The latter, conscious of his inability with five or six thousand men (his force had nearly doubled since Kernstown by the return of furloughed men and by new enlistments) to resist in the open country the advance of Banks, had availed himself of the nature of the country to take a position where he could be attacked only at great disadvantage, and yet might threaten the flank and rear of the advancing column, if it attempted to pass him. The main Shenandoah river covered his front, a stream not easily fordable at any time, and now swollen by the spring rains. The spurs of the mountains as they run out towards this river afford almost impregnable positions for defence; his flank could only be turned by toilsome and exposed marches, while good roads led from his rear to General Ewell. Thus secure in his position, Jackson at the same time more effectually prevented the further advance of the Federal column than if he had remained in its front; for he held the bridge over the Shenandoah, and was but a day's march from Harrisonburg, and should Banks threaten to move forward towards Staunton, he was ready to hurl the Confederate forces against his enemy's flank and rear. General Banks at Harrisonburg was in the midst of a hostile country, and already one hundred miles from the Potomac at Harper's Ferry, with which a long line of wagon communication had to be maintained.
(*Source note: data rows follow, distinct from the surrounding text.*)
-- ===== src/Probe/Stages.antt =====
-- The stages of `pcievdrv_probe`, one by one: what each leaves behind when it succeeds or fails.
use praid.Common.{
  ◌+◌, ◌-◌, ◌*◌, ◌%◌, ◌^◌, leb, ◌==◌, refl, ◌≡◌, ◌≢◌, inl, inr, arith, Bool, true, false, none,
  some, Bool-cases,
}
use praid.Geometry.{chunk_size, bar_chunk_offset}
use praid.Probe.{
  Bound, PciAnswers, ok, memremap, take_irq, map_chunks, map_bar, take_regions, out_regions,
  out_memunmap_bar, out_memunmap_sto, pcievdrv_probe,
}

-- The driver holds nothing of the device, but may have left it enabled.
pub record IsUnbound (left_on : Bool) (b : Bound) : Type 0 where
  pub enabled : b.enabled ≡ left_on
  pub regions : b.regions ≡ false
  pub bar : b.bar ≡ none
  pub workqueue : b.workqueue ≡ false
  pub chunk_addr : b.chunk_addr ≡ none
  pub irq_taken : b.irq_taken ≡ false

-- The state behind each stage that succeeds.
abbrev pub found : PciAnswers → Bound → Bound
found k b = record b {
  enabled = true;
  irq = k.irq;
  mem_sta = k.resource_start;
  range = (k.resource_end + 2 ^ 64 - k.resource_start + 1) % 2 ^ 64;
}

abbrev pub with_regions : Bound → Bound
with_regions b = record b { regions = true }

abbrev pub with_bar : Bound → Bound
with_bar b = record b { bar = some (record { start = b.mem_sta; length = 4096 }) }

abbrev pub with_chunks : Bound → Bound
with_chunks b = record b {
  sem = 1;
  workqueue = true;
  chunk_addr =
      some (record { start = (b.mem_sta + bar_chunk_offset) % 2 ^ 64; length = 3 * chunk_size });
}

abbrev pub with_irq : Bound → Bound
with_irq b = record b { irq_taken = true; drvdata = true }

module _ (k : PciAnswers) (b : Bound) where
  pub pcievdrv_probe-found :
      k.enable_device ≡ true
      → leb (2 ^ 31) k.irq ≡ false
      → pcievdrv_probe k b ≡ take_regions k (found k b)
  unfolding pcievdrv_probe
  pcievdrv_probe-found on plus = ground (arith, on, plus)

  pub take_regions-granted :
      k.request_regions ≡ true → take_regions k b ≡ map_bar k (with_regions b)
  unfolding take_regions
  take_regions-granted granted = ground (arith, granted)

  pub map_bar-mapped : k.memremap b.mem_sta 4096 ≡ true → map_bar k b ≡ map_chunks k (with_bar b)
  unfolding map_bar memremap
  map_bar-mapped maps = rw (maps, map_bar) refl

  pub map_chunks-mapped :
      k.memremap ((b.mem_sta + bar_chunk_offset) % 2 ^ 64) (3 * chunk_size) ≡ true
      → map_chunks k b ≡ take_irq k (with_chunks b)
  unfolding map_chunks memremap
  map_chunks-mapped maps = rw (maps, map_chunks) refl

  pub take_irq-taken : k.request_irq ≡ 0 → take_irq k b ≡ (ok, with_irq b)
  unfolding take_irq
  take_irq-taken no_error = ground (arith, no_error)

  take_irq-IsUnbound :
      b.irq_taken ≡ false → (take_irq k b).0 ≢ ok → IsUnbound b.enabled (take_irq k b).1
  unfolding take_irq out_memunmap_sto out_memunmap_bar out_regions
  take_irq-IsUnbound no_irq err = elim (Bool-cases (k.request_irq == 0)) [
    | inl taken ↦ absurd (err (rw (taken, take_irq) refl))
    | inr refused ↦
        rw (refused, take_irq)
          (record {
            enabled = refl;
            regions = refl;
            bar = refl;
            workqueue = refl;
            chunk_addr = refl;
            irq_taken = no_irq;
          })
  ]

module _ (k : PciAnswers) (b : Bound) where
  map_chunks-IsUnbound :
      b.irq_taken ≡ false → (map_chunks k b).0 ≢ ok → IsUnbound b.enabled (map_chunks k b).1
  unfolding map_chunks memremap out_memunmap_bar out_regions
  map_chunks-IsUnbound no_irq err =
      elim (Bool-cases (k.memremap ((b.mem_sta + bar_chunk_offset) % 2 ^ 64) (3 * chunk_size))) [
        | inl maps ↦
            let e = map_chunks-mapped k b maps in
            rw e (take_irq-IsUnbound k (with_chunks b) no_irq (rw e at err))
        | inr refused ↦
            rw (refused, map_chunks)
              (record {
                enabled = refl;
                regions = refl;
                bar = refl;
                workqueue = refl;
                chunk_addr = refl;
                irq_taken = no_irq;
              })
      ]

module _ (k : PciAnswers) (b : Bound) where
  map_bar-IsUnbound :
      IsUnbound b.enabled (record b { regions = false })
      → (map_bar k b).0 ≢ ok
      → IsUnbound b.enabled (map_bar k b).1
  unfolding map_bar memremap out_regions
  map_bar-IsUnbound free err = elim (Bool-cases (k.memremap b.mem_sta 4096)) [
    | inl maps ↦
        let e = map_bar-mapped k b maps in
        rw e (map_chunks-IsUnbound k (with_bar b) free.irq_taken (rw e at err))
    | inr refused ↦
        rw (refused, map_bar)
          (record {
            enabled = refl;
            regions = refl;
            bar = refl;
            workqueue = free.workqueue;
            chunk_addr = free.chunk_addr;
            irq_taken = free.irq_taken;
          })
  ]

module _ (k : PciAnswers) (b : Bound) where
  pub take_regions-IsUnbound :
      IsUnbound b.enabled b → (take_regions k b).0 ≢ ok → IsUnbound b.enabled (take_regions k b).1
  unfolding take_regions
  take_regions-IsUnbound free err = elim (Bool-cases k.request_regions) [
    | inl granted ↦
        let e = take_regions-granted k b granted in
        let free' : IsUnbound b.enabled (record b { regions = false }) = record {
          enabled = refl;
          regions = refl;
          bar = free.bar;
          workqueue = free.workqueue;
          chunk_addr = free.chunk_addr;
          irq_taken = free.irq_taken;
        } in
        rw e (map_bar-IsUnbound k (with_regions b) free' (rw e at err))
    | inr refused ↦ let stays : (take_regions k b).1 ≡ b = ground (arith, refused) in rw stays free
  ]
To push on to Staunton, with Jackson on his flank and rear, was virtually to sacrifice his present line of communication, with no practicable substitute in view; to attack the Confederates on the slopes of the mountains, with even a greatly superior force, was to risk defeat.
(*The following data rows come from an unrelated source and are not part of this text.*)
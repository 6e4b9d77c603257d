-- ===== src/Probe/Balance.antt =====
-- What binding and unbinding the driver leave behind.
use praid.Common.{
  ℕ, ◌+◌, ◌*◌, ◌%◌, ◌^◌, leb, refl, sym, subst, ◌∙◌, ◌<◌, ◌≡◌, ◌≢◌, inl, inr, arith, true, false,
  some, Bool-cases,
}
use praid.Geometry.{chunk_size, bar_chunk_offset}
use praid.Probe.{Bound, PciAnswers, ok, pcievdrv_probe, pcievdrv_remove}
use praid.Probe.Stages.{
  IsUnbound, found, with_regions, with_bar, with_chunks, with_irq, pcievdrv_probe-found,
  take_regions-granted, map_bar-mapped, map_chunks-mapped, take_irq-taken, take_regions-IsUnbound,
}

-- The driver is bound, with the BAR and the three chunks mapped and one permit in the semaphore.
pub record IsBound (k : PciAnswers) (b : Bound) : Type 0 where
  pub enabled : b.enabled ≡ true
  pub regions : b.regions ≡ true
  pub bar : b.bar ≡ some (record { start = k.resource_start; length = 4096 })
  pub chunk_addr :
      b.chunk_addr
      ≡ some (record {
        start = (k.resource_start + bar_chunk_offset) % 2 ^ 64;
        length = 3 * chunk_size;
      })
  pub permit : b.sem ≡ 1
  pub workqueue : b.workqueue ≡ true
  pub irq : b.irq ≡ k.irq
  pub irq_taken : b.irq_taken ≡ true
  pub drvdata : b.drvdata ≡ true

-- Every answer of the kernel is a success.
pub record IsWilling (k : PciAnswers) : Type 0 where
  pub enable_device : k.enable_device ≡ true
  pub irq : k.irq < 2 ^ 31
  pub request_regions : k.request_regions ≡ true
  pub maps_bar : k.memremap k.resource_start 4096 ≡ true
  pub maps_chunks :
      k.memremap ((k.resource_start + bar_chunk_offset) % 2 ^ 64) (3 * chunk_size) ≡ true
  pub request_irq : k.request_irq ≡ 0

module _ (k : PciAnswers) (b : Bound) where
  -- When every answer of the kernel is a success, `pcievdrv_probe` returns 0, and the driver is
  -- bound: the device is enabled, its regions are taken, the BAR and, 1 MiB behind it, the three
  -- chunks are mapped, the semaphore has one permit, and the interrupt of the device is taken; and
  -- `pcievdrv_remove` then gives all of it back and disables the device.
  pub pcievdrv_probe-IsBound :
      IsWilling k
      → (b' : Bound) × (pcievdrv_probe k b ≡ (ok, b'))
        × IsBound k b'
        × IsUnbound false (pcievdrv_remove b')
  unfolding pcievdrv_remove
  pcievdrv_probe-IsBound w = (
    with_irq (with_chunks (with_bar (with_regions (found k b)))),
    pcievdrv_probe-found k b w.enable_device (ground (arith, w.irq))
        ∙ take_regions-granted k (found k b) w.request_regions
        ∙ map_bar-mapped k (with_regions (found k b)) w.maps_bar
        ∙ map_chunks-mapped k (with_bar (with_regions (found k b))) w.maps_chunks
        ∙ take_irq-taken k (with_chunks (with_bar (with_regions (found k b)))) w.request_irq,
    record {
      enabled = refl;
      regions = refl;
      bar = refl;
      chunk_addr = refl;
      permit = refl;
      workqueue = refl;
      irq = refl;
      irq_taken = refl;
      drvdata = refl;
    },
    record {
      enabled = refl;
      regions = refl;
      bar = refl;
      workqueue = refl;
      chunk_addr = refl;
      irq_taken = refl;
    },
  )

  found-IsUnbound :
      IsUnbound false b
      → k.enable_device ≡ true
      → (pcievdrv_probe k b).0 ≢ ok
      → IsUnbound true (pcievdrv_probe k b).1
  unfolding pcievdrv_probe
  found-IsUnbound free on err = elim (Bool-cases (leb (2 ^ 31) k.irq)) [
    | inl bad ↦
        let stays : (pcievdrv_probe k b).1 ≡ record b { enabled = true; irq = k.irq } =
          ground (arith, on, bad) in
        subst (λ x. IsUnbound true x) (sym stays) (kept free)
    | inr good ↦
        let e = pcievdrv_probe-found k b on good in
        subst (λ x. IsUnbound true x.1) (sym e)
          (take_regions-IsUnbound k (found k b) (kept free) (rw e at err))
  ]
    where
      kept :
          {irq mem_sta range : ℕ}
          → IsUnbound false b
          → IsUnbound true
              (record b { enabled = true; irq = irq; mem_sta = mem_sta; range = range })
      kept free = record {
        enabled = refl;
        regions = free.regions;
        bar = free.bar;
        workqueue = free.workqueue;
        chunk_addr = free.chunk_addr;
        irq_taken = free.irq_taken;
      }

  -- When the driver holds nothing of the device before, an error of `pcievdrv_probe` leaves it with
  -- nothing either, except that the device stays enabled when it could be enabled.
  pub pcievdrv_probe-IsUnbound :
      IsUnbound false b
      → (pcievdrv_probe k b).0 ≢ ok
      → IsUnbound k.enable_device (pcievdrv_probe k b).1
  unfolding pcievdrv_probe
  pcievdrv_probe-IsUnbound free err = elim (Bool-cases k.enable_device) [
    | inr off ↦
        let stays : (pcievdrv_probe k b).1 ≡ b = ground (arith, off) in
        subst (λ x. IsUnbound x (pcievdrv_probe k b).1) (sym off)
          (subst (λ x. IsUnbound false x) (sym stays) free)
    | inl on ↦
        subst (λ x. IsUnbound x (pcievdrv_probe k b).1) (sym on) (found-IsUnbound free on err)
  ]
On the 28th of April Jackson applied to General Lee, then acting as Commander-in-Chief under President Davis, for a reinforcement of five thousand men, which addition to his force he deemed necessary to justify him in marching out and attacking Banks.

Next day he was informed that no troops could be spared to him beyond the commands of Ewell and of Edward Johnson, the latter of whom was seven miles west of Staunton, at West View, with a brigade.